WHAT IS EXPECTED: Determine how many lines of the material below contain "hashmod". Report only that figure.

━━━

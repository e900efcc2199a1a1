-- ===== src/Webhooks/Tests.antt =====
-- A signed request, accepted and delivered twice, for a runtime with one digest.
use pulse_crm.Prelude.{
  ℕ, ◌≡◌, refl, ◌≤◌, String, true, false, none, some, [], ◌∷◌, arith, ok, aware, or_else, aware_at,
  text_length, is_blank, any, strip,
}
use pulse_crm.Webhooks.{
  ℤ, pos, written, moment, apart, VerifiedWebhook, WebhookRequest, Runtime, removeprefix,
  unix_timestamp, webhook_signature, verify_generic_webhook, default_replay_window, check_signature,
  check_request, printable, is_idempotency_key, without,
}
use pulse_crm.Webhooks.Inbound.{
  InboundEvent, InboundRequest, new_event, accept_inbound_event, insert_event,
}
use pulse_crm.Webhooks.Signed.{message, verify_generic_webhook-signed, verify_generic_webhook_sound}
use pulse_crm.Webhooks.Once.{Settled, accept_inbound_event-Settled, accept_inbound_event_again}

abbrev digest : String
digest = "0123456789abcdef0123456789abcdef0123456789abcdef0123456789abcdef"

abbrev env : Runtime
env = record {
  hmac = λ key text. digest;
  sha256 = λ body. digest;
  str = λ z. "1700000000";
  int = λ text. some (pos 1700000000);
  is_datetime = λ z. true;
  lower = λ text. text;
  is_hex = λ text. true;
}

abbrev request : WebhookRequest
request = record {
  secret = "s3cret";
  body = "{}";
  signature = webhook_signature env "s3cret" (pos 1700000000) "{}";
  timestamp = written "1700000000";
  idempotency_key = "order-1";
}

abbrev verified : VerifiedWebhook
verified = record {
  timestamp = moment (pos 1700000000);
  idempotency_key = "order-1";
  request_digest = digest;
}

abbrev soon : ℕ
soon = 1700000100000000

verify_generic_webhook-signed_example :
    verify_generic_webhook env request (some (aware soon)) 0 default_replay_window ≡ ok verified
unfolding text_length is_blank is_idempotency_key printable
verify_generic_webhook-signed_example =
    verify_generic_webhook-signed env request (pos 1700000000) soon 0 default_replay_window refl
      refl refl (refl, refl, refl) refl refl refl (omega arith) (omega arith)

verify_generic_webhook_sound_example :
    (timestamp : ℤ) × (current : ℕ) × (unix_timestamp env request.timestamp ≡ some timestamp)
    × (aware_at (or_else (some (aware soon)) (aware 0)) ≡ some current)
    × (apart current (moment timestamp) ≤ default_replay_window)
    × (env.lower (removeprefix "sha256=" request.signature)
        ≡ env.hmac request.secret (message env timestamp request.body))
    × (record {
      timestamp = moment timestamp;
      idempotency_key = request.idempotency_key;
      request_digest = env.sha256 request.body;
    }
        ≡ verified)
unfolding verify_generic_webhook check_request is_blank is_idempotency_key printable text_length
    unix_timestamp check_signature removeprefix without webhook_signature
verify_generic_webhook_sound_example =
    verify_generic_webhook_sound env request (some (aware soon)) 0 default_replay_window verified
      refl

abbrev inbound : InboundRequest
inbound = record {
  workspace_id = 1;
  source_key = "shop";
  verified = verified;
  payload = "{}";
  channel_connection_id = none;
  external_event_id = some "ev-7";
}

abbrev kept : InboundEvent
kept = new_event 3 50 inbound

accept_inbound_event_again_example :
    (kept.request_digest ≡ digest)
    × (accept_inbound_event 4 60 inbound (kept ∷ [])
        ≡ ok (record { event = kept; created = false }, kept ∷ []))
unfolding accept_inbound_event is_blank strip insert_event any
accept_inbound_event_again_example =
    accept_inbound_event_again 3 50 4 60 inbound [] (record { event = kept; created = true })
      (kept ∷ []) refl

abbrev other : InboundRequest
other = record inbound { verified = record verified { request_digest = "0" } }

accept_inbound_event-Settled_example :
    Settled other 4 60 (kept ∷ []) (accept_inbound_event 4 60 other (kept ∷ []))
unfolding is_blank strip
accept_inbound_event-Settled_example = accept_inbound_event-Settled 4 60 other (kept ∷ []) refl
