-- ===== src/HashId.antt =====
-- service-src/hashid.h: the table that maps the socket ids of a gate's connections to their places.
pub mod Lookup
pub mod Removal
pub mod Counts
pub mod Places
mod Tests
use pskynet.Prelude.{
  ℕ, zero, suc, ◌+◌, ◌-◌, ◌*◌, ◌%◌, ◌^◌, Bool, true, false, List, [], ◌∷◌, Option, none, some,
  ◌>>=◌, bit_and, ◌==◌, ltb, leb, if◌then◌else◌,
}

-- The `id` of a node that is not used, -1, by its bit pattern; every other id is
-- a socket's, from 0 to 2^31 - 1.
abbrev pub unused : ℕ
unused = 2 ^ 32 - 1

-- A node is its index in the array; a chain of `next` pointers is the list of its nodes.
pub record HashId : Type 0 where
  pub hashmod : ℕ
  pub cap : ℕ
  pub count : ℕ
  pub id : ℕ → ℕ
  pub hash : ℕ → List ℕ

-- The `while` of `hashid_init` with `fuel` rounds left.
unfoldable pub grow_cap : ℕ → ℕ → ℕ → ℕ
grow_cap zero max hashcap = hashcap
grow_cap (suc fuel) max hashcap =
    let more = grow_cap fuel max (hashcap * 2) in if ltb hashcap max then more else hashcap

-- A capacity that doubles from 16 passes `max` within `max` rounds.
unfoldable pub init : ℕ → HashId
init max = record {
  hashmod = grow_cap max max 16 - 1;
  cap = max;
  count = 0;
  id = λ c. unused;
  hash = λ h. [];
}

abbrev pub set {ℓ} : {A : Type ℓ} → (ℕ → A) → ℕ → A → ℕ → A
set f k a j = if k == j then a else f j

-- The `while` of `hashid_lookup`; `none` is -1.
unfoldable pub lookup_chain : (ℕ → ℕ) → ℕ → List ℕ → Option ℕ
lookup_chain ids id [] = none
lookup_chain ids id (c ∷ cs) =
    let rest = lookup_chain ids id cs in if ids c == id then some c else rest

unfoldable pub lookup : HashId → ℕ → Option ℕ
lookup hi id = lookup_chain hi.id id (hi.hash (bit_and id hi.hashmod))

-- The search of `hashid_remove`: the node and the chain without it.
unfoldable pub unlink : (ℕ → ℕ) → ℕ → List ℕ → Option (ℕ × List ℕ)
unlink ids id [] = none
unlink ids id (c ∷ cs) =
    let rest = unlink ids id cs in
    if ids c == id then some (c, cs) else do (found, left) ← rest; some (found, c ∷ left)

unfoldable pub remove : HashId → ℕ → Option ℕ × HashId
remove hi id =
    let h = bit_and id hi.hashmod in
    elim (unlink hi.id id (hi.hash h)) [
      | none ↦ (none, hi)
      | some (c, left) ↦ (
        some c,
        record hi { count = hi.count - 1; id = set hi.id c unused; hash = set hi.hash h left },
      )
    ]

-- The `for` of `hashid_insert` from the round `i`. An int `i + id` that overflows is `none`, as is the
-- failed assertion.
unfoldable pub free_node : ℕ → ℕ → HashId → ℕ → Option ℕ
free_node zero i hi id = none
free_node (suc fuel) i hi id =
    let index = (i + id) % hi.cap in
    let rest = free_node fuel (i + 1) hi id in
    if leb (2 ^ 31) (i + id) then none else if hi.id index == unused then some index else rest

-- `none` is the failed assertion.
unfoldable pub insert : HashId → ℕ → Option (ℕ × HashId)
insert hi id = do
  c ← free_node hi.cap 0 hi id
  let h = bit_and id hi.hashmod
  some (
    c,
    record hi { count = hi.count + 1; id = set hi.id c id; hash = set hi.hash h (c ∷ hi.hash h) },
  )

unfoldable pub full : HashId → Bool
full hi = hi.count == hi.cap
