-- ===== src/Gate/Service.antt =====
-- service-src/service_gate.c: the table of connections, what the socket layer reports about them and
-- what other services write to them.
pub mod Table
pub mod Invariant
pub mod Client
mod Tests
use pskynet.Prelude.{
  ℕ, zero, suc, ◌+◌, ◌-◌, ◌*◌, ◌^◌, Bool, true, false, List, [], ◌∷◌, ◌++◌, Option, none, some,
  ◌>>=◌, bit_or, ◌==◌, leb, if◌then◌else◌, length, take, drop,
}
use pskynet.Prelude.Bytes.{byte_at}
use pskynet.HashId.{HashId, init, set, unused, lookup, remove, insert, full}
use pskynet.Gate.Buffer.{MessagePool, empty, clear}
use pskynet.Gate.{
  Connection, Gate, Effect, sent, closed, logged, started, written, ptype_text, dispatch_message,
}

-- The fields of `gate` that change. `remote_name` has the names of the connections in `conn`.
pub record Service : Type 0 where
  pub listen_id : Option ℕ
  pub hash : HashId
  pub conn : ℕ → Connection
  pub remote_name : ℕ → List ℕ
  pub mp : MessagePool

-- `skynet_socket_message` by its type, of those that the gate gets; `name` is the text behind it.
pub data SocketMessage : Type 0 where
  bytes : (id : ℕ) (buffer : List ℕ) → SocketMessage
  connect : (id : ℕ) → SocketMessage
  close : (id : ℕ) → SocketMessage
  error : (id : ℕ) → SocketMessage
  accept : (id ud : ℕ) (name : List ℕ) → SocketMessage

-- The text of a report to the watchdog.
pub data Report : Type 0 where
  opened : (id : ℕ) (name : List ℕ) → Report
  gone : (id : ℕ) → Report

-- What the `memset` of a closed connection leaves.
abbrev pub no_connection : Connection
no_connection = record { id = unused; agent = 0; client = 0; buffer = empty }

-- `gate_init` with `max` connections, before it listens.
unfoldable pub new_service : ℕ → Service
new_service max = record {
  listen_id = none;
  hash = init max;
  conn = λ c. no_connection;
  remote_name = λ c. [];
  mp = record { pool = 0; freelist = 0 };
}

-- `none` is a failed assertion.
abbrev pub Handled : Type 0
Handled = Option (List Effect × Service)

-- The assertion is tested by `dispatch_socket_message`.
unfoldable pub on_accept : Service → ℕ → List ℕ → Handled
on_accept s ud name = if full s.hash then some (closed ud ∷ [], s) else do
  (c, left) ← insert s.hash ud
  some (
    started ud ∷ [],
    record s {
      hash = left;
      conn = set s.conn c (record (s.conn c) { id = ud });
      remote_name = set s.remote_name c (take 31 name);
    },
  )

abbrev pub is_listen : Option ℕ → ℕ → Bool
is_listen none id = false
is_listen (some l) id = l == id

-- `format` is what `vsnprintf` writes for a report.
module _ (format : Report → List ℕ) (g : Gate) where
  unfoldable pub report : Report → List Effect
  report r = if g.watchdog == 0 then [] else sent 0 g.watchdog ptype_text 0 (format r) ∷ []

  unfoldable pub on_connect : Service → ℕ → Handled
  on_connect s id = elim (lookup s.hash id) [
    | none ↦ some (logged ∷ closed id ∷ [], s)
    | some c ↦ some (report (opened id (s.remote_name c)), s)
  ]

  -- After `hashid_remove`, which leaves the table `left`.
  unfoldable pub close_found : Service → ℕ → HashId → Option ℕ → Handled
  close_found s id left none = some ([], record s { hash = left })
  close_found s id left (some c) = some (
    report (gone id),
    record s {
      hash = left;
      conn = set s.conn c no_connection;
      remote_name = set s.remote_name c [];
      mp = (clear (s.conn c).buffer s.mp).1;
    },
  )

  unfoldable pub on_close : Service → ℕ → Handled
  on_close s id = let (found, left) = remove s.hash id in close_found s id left found

-- `data_prefix` is what `snprintf` writes for the format "%d data ".
module _ (data_prefix : ℕ → List ℕ) (format : Report → List ℕ) (g : Gate) where
  unfoldable pub on_bytes : Service → ℕ → List ℕ → Handled
  on_bytes s id buffer = elim (lookup s.hash id) [
    | none ↦ some (logged ∷ closed id ∷ [], s)
    | some c ↦ do
      (out, c', mp') ← dispatch_message data_prefix g id (s.conn c) s.mp buffer
      some (out, record s { conn = set s.conn c c'; mp = mp' })
  ]

  unfoldable pub dispatch_socket_message : Service → SocketMessage → Handled
  dispatch_socket_message s (bytes id buffer) = on_bytes s id buffer
  dispatch_socket_message s (connect id) =
      if is_listen s.listen_id id then some ([], s) else on_connect format g s id
  dispatch_socket_message s (close id) = on_close format g s id
  dispatch_socket_message s (error id) = on_close format g s id
  dispatch_socket_message s (accept id ud name) =
      if is_listen s.listen_id id then on_accept s ud name else none

-- `uid` by its four bytes.
unfoldable pub client_id : List ℕ → ℕ
client_id idbuf =
    bit_or (bit_or (bit_or (byte_at idbuf 0) (byte_at idbuf 1 * 2 ^ 8)) (byte_at idbuf 2 * 2 ^ 16))
      (byte_at idbuf 3 * 2 ^ 24)

unfoldable pub write_client : Service → ℕ → List ℕ → List Effect × Bool
write_client s uid msg = elim (lookup s.hash uid) [
  | none ↦ (logged ∷ [], false)
  | some c ↦ (written uid msg ∷ [], true)
]

-- The branch of `_cb` for PTYPE_CLIENT: what it does, and whether it keeps the message.
unfoldable pub on_client : Service → List ℕ → List Effect × Bool
on_client s msg =
    if leb (length msg) 4
    then (logged ∷ [], false)
    else write_client s (client_id (drop (length msg - 4) msg)) (take (length msg - 4) msg)

-- `_forward_agent`
unfoldable pub forward_agent : Service → ℕ → ℕ → ℕ → Service
forward_agent s fd agentaddr clientaddr = elim (lookup s.hash fd) [
  | none ↦ s
  | some c ↦ record s {
    conn = set s.conn c (record (s.conn c) { agent = agentaddr; client = clientaddr });
  }
]

-- `gate_release`: the sockets that it closes, those of `n` places from `i` on.
unfoldable pub close_all : (ℕ → Connection) → ℕ → ℕ → List Effect
close_all conn i zero = []
close_all conn i (suc n) =
    let later = close_all conn (i + 1) n in
    if (conn i).id == unused then later else closed (conn i).id ∷ later

unfoldable pub release : Service → List Effect
release s =
    close_all s.conn 0 s.hash.cap ++ (elim s.listen_id [ none ↦ [] | some id ↦ closed id ∷ [] ])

━━━

EXERCISE RESPONSE: 5